Percentage of observations between 500 and 1000 meters:  0.9682909769176964
Percentage of observations outside of 500 and 1000 meters:  0.03170902308230357
We can reject the null hypothesis that the observations are not found at depths between 200 and 2000 meters
In [11]:
hr_df = df[df.sci_name == 'Heteropolypus ritteri']

# percentage of observations above latitude 30
pha = hr_df[hr_df.lat >= 30].shape[0] / hr_df.shape[0]
pho = hr_df[hr_df.lat < 30].shape[0] / hr_df.shape[0]

print('The hypothesis is: TThe species Heteropolypus Ritteri is found above latitude 30 degrees')

print('Percentage of observations above latitude 30: ', pha)
print('Percentage of observations below latitude 30: ', pho)

if pho < 0.05:
    print('We can reject the null hypothesis that the observations are not found above latitude 30 degrees')
else:
    print('We accept the null hypothesis that the observations are not found above latitude 30 degrees')
The hypothesis is: TThe species Heteropolypus Ritteri is found above latitude 30 degrees
Percentage of observations above latitude 30:  1.0
Percentage of observations below latitude 30:  0.0
We can reject the null hypothesis that the observations are not found above latitude 30 degrees
In [12]:
hr_df = df[df.sci_name == 'Heteropolypus ritteri']

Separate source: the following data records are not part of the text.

-- ===== src/Tree/Tests.antt =====
-- A tree of the root, the group "dev" and a device "a" in it, and the theorems there.
use ex_os.Base.{ℕ, ◌≡◌, refl, true, none, some, List, [], ◌∷◌, arith, ◌==◌, if◌then◌else◌}
use ex_os.Thread.Ready.{occurs}
use ex_os.Tree.{
  Tree, root, dev, name_end, name_eq, find_child, walk, start, parse_path, find_group, find_path,
  name_length, valid_name,
}
use ex_os.Tree.Paths.{IsChain, path_text, path_before, parse_path-path_text, find_group_missing}

abbrev names : ℕ → List ℕ
names n = if n == 1 then b'd' ∷ b'e' ∷ b'v' ∷ [] else b'a' ∷ []

abbrev tree : Tree
tree = record {
  is_group = λ n. if n == 0 then true else n == 1;
  names = names;
  children = λ n. if n == 0 then 1 ∷ [] else if n == 1 then 2 ∷ [] else [];
  parents = λ n. if n == 2 then 1 else 0;
}

tree-IsChain : IsChain tree root (1 ∷ 2 ∷ [])
unfolding IsChain occurs
tree-IsChain = (
  refl,
  (λ e. ground arith),
  (omega arith, (omega arith, (omega arith, tt))),
  omega arith,
  (((omega arith, (omega arith, (omega arith, tt))), (λ e. refl)), tt),
  (
    refl,
    (λ e. ground arith),
    (omega arith, tt),
    omega arith,
    (((omega arith, tt), (λ e. refl)), tt),
    tt,
  ),
)

dev-IsChain : IsChain tree root (1 ∷ [])
unfolding IsChain tree-IsChain
dev-IsChain = (tree-IsChain.0, tree-IsChain.1, tree-IsChain.2, tree-IsChain.3, tree-IsChain.4, tt)

valid : valid_name (b'd' ∷ b'_' ∷ b'2' ∷ []) ≡ 3
unfolding valid_name name_length
valid = refl

not_valid : valid_name (b'd' ∷ b'/' ∷ []) ≡ 0
unfolding valid_name name_length
not_valid = refl

device : find_path tree (some 1) (b'a' ∷ []) ≡ some 2
unfolding find_path parse_path start walk find_child name_eq name_end
device = refl

parse_path-path_text_example :
    parse_path tree none (b'/' ∷ b'd' ∷ b'e' ∷ b'v' ∷ b'/' ∷ b'a' ∷ []) ≡ some (2, [])
unfolding path_text
parse_path-path_text_example = parse_path-path_text tree none (1 ∷ 2 ∷ []) tree-IsChain

find_group_missing_example :
    find_group tree none (some (b'/' ∷ b'd' ∷ b'e' ∷ b'v' ∷ b'/' ∷ b'z' ∷ [])) ≡ some dev
unfolding path_before find_child name_eq name_end
find_group_missing_example = find_group_missing tree none (1 ∷ []) b'z' [] dev-IsChain refl refl
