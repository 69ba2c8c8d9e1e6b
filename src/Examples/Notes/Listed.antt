-- ===== src/Examples/Notes/Listed.antt =====
-- What a client reads of a list of notes.
use hush_rs.Base.{ℕ, ◌≡◌, refl, [], ◌∷◌, length}
use hush_rs.Std.Words.{Bytes}
use hush_rs.Std.Eq.{bytes_eq}
use hush_rs.Std.HashMap.{HashMap}
use hush_rs.Tlv.Map
use hush_rs.Frame.Body.{success}
use hush_rs.Middleware.{Request}
use hush_rs.Examples.Notes.{
  Notes, respond_with, note_map, note_items, notes_map, list_notes, read_count, read_item,
  read_items, read_notes,
}

read_item-note_map : (id : ℕ) (text : Bytes) → read_item (note_map id text) ≡ (id, text)
unfolding read_item note_map Map.set Map.new Map.get Map.get_uint64 Map.get_string bytes_eq
read_item-note_map id text = refl

read_items-note_items : (m : HashMap ℕ Bytes) → read_items (note_items m) ≡ m
unfolding read_items note_items
read_items-note_items [] = refl
read_items-note_items ((id, text) ∷ m) = rw (read_item-note_map id text, read_items-note_items m)

-- What the client reads of the answer to List is what the server has: all notes, each with its id and
-- text, and their number; and the server keeps them.
pub read_notes-list_notes :
    (req : Request) (s : Notes)
    → (list_notes req s ≡ (respond_with success (notes_map s.notes), s))
      × (read_notes (notes_map s.notes) ≡ s.notes)
      × (read_count (notes_map s.notes) ≡ length s.notes)
unfolding list_notes read_notes read_count notes_map Map.set Map.new Map.get Map.get_uint64 bytes_eq
read_notes-list_notes req s = (refl, read_items-note_items s.notes, refl)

# We are utilizing a very niave test here. This is for demonstration purposes only.
# lon between 60W and 0, lat between 50N and 50S

# percentage of observations found in Atlantic Ocean
pha = hr_df[(hr_df.lon >= -60) & (hr_df.lon <= 0) & (hr_df.lat >= -50) & (hr_df.lat <= 50)].shape[0] / hr_df.shape[0]
pho = hr_df[(hr_df.lon < -60) | (hr_df.lon > 0) | (hr_df.lat < -50) | (hr_df.lat > 50)].shape[0] / hr_df.shape[0]

print('The hypothesis is: The species Heteropolypus Ritteri is found in the Atlantic Ocean')

print('Percentage of observations found in Atlantic Ocean: ', pha)
print('Percentage of observations found outside of Atlantic Ocean: ', pho)

if pho < 0.05:
    print('We can reject the null hypothesis that the observations are not found in the Atlantic Ocean')
else:
    print('We accept the null hypothesis that the observations are not found in the Atlantic Ocean')
The hypothesis is: The species Heteropolypus Ritteri is found in the Atlantic Ocean
Percentage of observations found in Atlantic Ocean:  0.0
Percentage of observations found outside of Atlantic Ocean:  1.0
We accept the null hypothesis that the observations are not found in the Atlantic Ocean

Final Remarks¶

This dataset is very informative given the lengths to which the dataset was recorded. As I personally know one of the scientist working to research the reef system on behave of NOAA, I can say that this dataset took many years of exhausting effort to collect.

In terms of it's cleanliness, very little formatted was needed to be able to utilize it. Most of the cleaning was simple filtering to only gather what was needed for the anaylisis.

There are so many questions that can be asked from this dataset. Some questions that come to mind are: Why are certain species so much more common than others? Is it some sort of genetic advantange? Are they more resilient to the changing environment? If we had more data on the water quality, perhaps we could know more about why these creatures thrive where others do not.

It would be critical to be able to ask why these species are so common where others are not. It could help perdict changes to the ecosystem: if one species is rapidly declining, perhaps it's a sign that the ecosystem is changing and other species will follow. Or, if one species is rapidly increasing, it might be due to another species declining and the ecosystem is changing.